Eine solche Karte ist, so klärt das Netz interessierte Leserinnen und Leser gleich an mehreren Stellen auf, "eine speziell für Damen konzipierte Speisekarte", denn sie enthält keine Preisangabe. Weiter mein Textbespiel: "Der Herr erhält dagegen eine Karte mit Preisen, da ihm auch die Rechnung vorgelegt wurde." Interessant hier die unterschiedlichen Tempi, die einander zu widersprechen scheinen. Der Herr er­hält, Präsens, eine Karte mit Preisen, da er, — Achtung, Zeitsprung! —, in der Ver­gan­gen­heit an­schlie­ßend die Rechnung überreicht bekam.

company figures —  revenues (geschwärzt)
anonymisiertes Beispiel aus der Praxis (nur Zahlen + Titel stimmen)

In manchen Restaurants gibt es auch heute noch Damenkarten, das sind jene Be­wir­tungs­be­trie­be, in denen Tischdecken und Servietten aus gestärktem Stoff sind und in denen das Personal auf Zehenspitzen um die wenigen vorhandenen Tische her­um­schleicht. In der Mehrheitsgesellschaft "stehen" Frauen aber jetzt "ihren Mann" und haben ihr eigenes Geld. Da ist auch kein Tabu mehr, was für Speis und Trank so zu blechen ist. (Die jüngere, postfeministische Generation scheint sich allerdings immer häufiger in diese alten Zeiten zurückzusehen.)

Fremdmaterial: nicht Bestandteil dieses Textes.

-- ===== src/NcServer/Loop/Greeting.antt =====
-- A whole session of internal/ncserver/session.go: the hellos, the version that they come to, and the
-- requests.
use go_lab_netconf.Base.{
  ◌<◌, Bytes, false, Bool-cases, inl, inr, List, [], ◌∷◌, ◌++◌, Option, none, some, ◌≡◌, refl, sym,
  subst, ap, ◌∙◌, arith, length, All, if◌then◌else◌,
}
use go_lab_netconf.Framing
use go_lab_netconf.Framing.{Version, version10, version11, eof}
use go_lab_netconf.Framing.Reader.{new_reader}
use go_lab_netconf.Framing.Eom.RoundTrip.{ends_in_half}
use go_lab_netconf.NcRpc.{
  Hello, Message, Parsed, parsed, failed, cap_base11, advertised_capabilities,
}
use go_lab_netconf.NcRpc.Encode.{encode_hello}
use go_lab_netconf.Datastore.Yang.{Tree}
use go_lab_netconf.Datastore.{Handle}
use go_lab_netconf.NcServer.{Codec, Session}
use go_lab_netconf.NcServer.Loop.{
  Wire, Turn, Conn, Ended, ended, coding, expected_hello, has_cap, decode_message, negotiate, loop,
  greet_message, greet, after_hello, run,
}
use go_lab_netconf.NcServer.Loop.Answers.{
  IsQuiet, IsVersion, Sends, IsFramed, Serves, answers, conn, read_sent, loop-Serves,
}

-- The version that a client's hello comes to.
unfoldable pub agreed : Hello → Version
unfolding has_cap
agreed hello = if has_cap hello.capabilities cap_base11 then version11 else version10

pub agreed-IsVersion : (hello : Hello) → IsVersion (agreed hello)
unfolding agreed
agreed-IsVersion hello = elim (Bool-cases (has_cap hello.capabilities cap_base11)) [
  | inl both ↦ rw (agreed, both) (inr refl)
  | inr one ↦ rw (agreed, one) (inl refl)
]

module _ (T : Tree) (C : Codec T) (W : Wire) (s : Session) where
  greeted :
      (input : Bytes) (h : Handle T) (frames : List Bytes) (hello : Hello)
      → negotiate T C W s
          (record {
            reader = new_reader input eof version10;
            ver = version10;
            handle = h;
            frames = frames;
            events = [];
          })
          hello
        ≡ record {
          reader = new_reader input eof (agreed hello);
          ver = agreed hello;
          handle = h;
          frames = frames;
          events = [];
        }
  unfolding negotiate agreed
  greeted input h frames hello = ground arith

  -- The hello that the server writes.
  abbrev pub own_hello : Hello
  own_hello = record { capabilities = advertised_capabilities; session_id = s.id }

  greet-loop :
      (ts : List (Turn T)) (input : Bytes) (h : Handle T) (frames : List Bytes) (m : Message)
      (hello : Hello)
      → m.hello ≡ some hello
      → greet_message T C W s ts (conn T C W s version10 (inl refl) input h frames []) (parsed m)
        ≡ loop T C W s ts (conn T C W s (agreed hello) (agreed-IsVersion hello) input h frames [])
  unfolding greet_message
  greet-loop ts input h frames m hello p =
      let c = conn T C W s version10 (inl refl) input h frames [] in
      let g : Option Hello → Ended × Conn T = λ o. elim o [
        | none ↦ (ended (some expected_hello), c)
        | some h' ↦ loop T C W s ts (negotiate T C W s c h')
      ] in
      ap g p ∙ ap (loop T C W s ts) (greeted input h frames hello)

-- A client whose first message is a hello, in a 1.0 frame, and that then sends messages in frames of
-- the version that the hellos agree on, 1.1 if its own has base:1.1 and 1.0 otherwise, and ends its
-- input behind them, gets the server's hello and then one reply for each message, in their order and in
-- frames of that version, up to the reply of the first close-session; each reply is the one that the
-- request has on the handle as those before it and the other sessions left it. The session then ends
-- without an error. The context does not end, no write fails, all replies can be framed, and the
-- session has a turn for each message and one more.
pub run-Serves :
    (T : Tree) (C : Codec T) (W : Wire) (s : Session) (h : Handle T) (ts : List (Turn T))
    (own_raw own_frame raw frame input : Bytes) (ms : List Bytes) (m : Message) (hello : Hello)
    → encode_hello W.xml (record { capabilities = advertised_capabilities; session_id = s.id })
      ≡ parsed own_raw
    → Framing.write10 own_raw ≡ Framing.ok own_frame
    → Framing.write10 raw ≡ Framing.ok frame
    → ends_in_half raw ≡ false
    → decode_message W raw ≡ parsed m
    → m.hello ≡ some hello
    → Sends (agreed hello) ms input
    → All IsQuiet ts
    → length ms < length ts
    → All (IsFramed T C W s (agreed hello) (agreed-IsVersion hello)) (answers T C W s ts ms h).0
    → Serves T C W s
        (agreed hello)
        (agreed-IsVersion hello)
        (answers T C W s ts ms h).0
        (answers T C W s ts ms h).1
        (own_frame ∷ [])
        (run T C W s (frame ++ input) eof h false ts)
unfolding run after_hello greet Framing.write Framing.write10
run-Serves T C W s h ts own_raw own_frame raw frame input ms m hello enc own w whole dec is sent q
      le e =
    let c : Conn T = conn T C W s version10 (inl refl) (frame ++ input) h [] [] in
    let begin : Parsed Bytes → Ended × Conn T = λ p. elim p [
      | failed e ↦ (ended (some (coding e)), c)
      | parsed r ↦ after_hello T C W s false ts c (Framing.write10 r)
    ] in
    let read = read_sent version10 raw frame input (inl refl) w (λ _. whole) in
    let goes : run T C W s (frame ++ input) eof h false ts
        ≡ loop T C W s ts
            (conn T C W s (agreed hello) (agreed-IsVersion hello) input h (own_frame ∷ []) []) =
      ap begin enc
      ∙ ap (after_hello T C W s false ts c) own
      ∙ ap (greet T C W s ts (record c { frames = own_frame ∷ [] })) read
      ∙ ap
          (greet_message T C W s ts (conn T C W s version10 (inl refl) input h (own_frame ∷ []) []))
          dec
      ∙ greet-loop T C W s ts input h (own_frame ∷ []) m hello is in
    subst
      (Serves T C W s (agreed hello) (agreed-IsVersion hello) (answers T C W s ts ms h).0
        (answers T C W s ts ms h).1 (own_frame ∷ []))
      (sym goes)
      (loop-Serves T C W s (agreed hello) (agreed-IsVersion hello) ts ms h input (own_frame ∷ []) []
        q le sent e)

Was verbindet nun Einstieg eins und Einstieg zwei? Die berichterstattende Dol­met­scher­in raufte sich heute das darob langsam ergrauende Haupthaar, denn ein Groß­teil der Präsentationen einer anstehenden Konferenz war nach der Art einer Da­men­kar­te gestaltet. Es waren zwar noch hier und dort noch einige Über­schrif­ten übrig, auch die Legenden bleiben nicht ganz stumm, aber alle Zahlen haben ge­fehlt, und damit Entwicklungen, die zu beobachten oder schon mal zu durch­den­ken wä­ren.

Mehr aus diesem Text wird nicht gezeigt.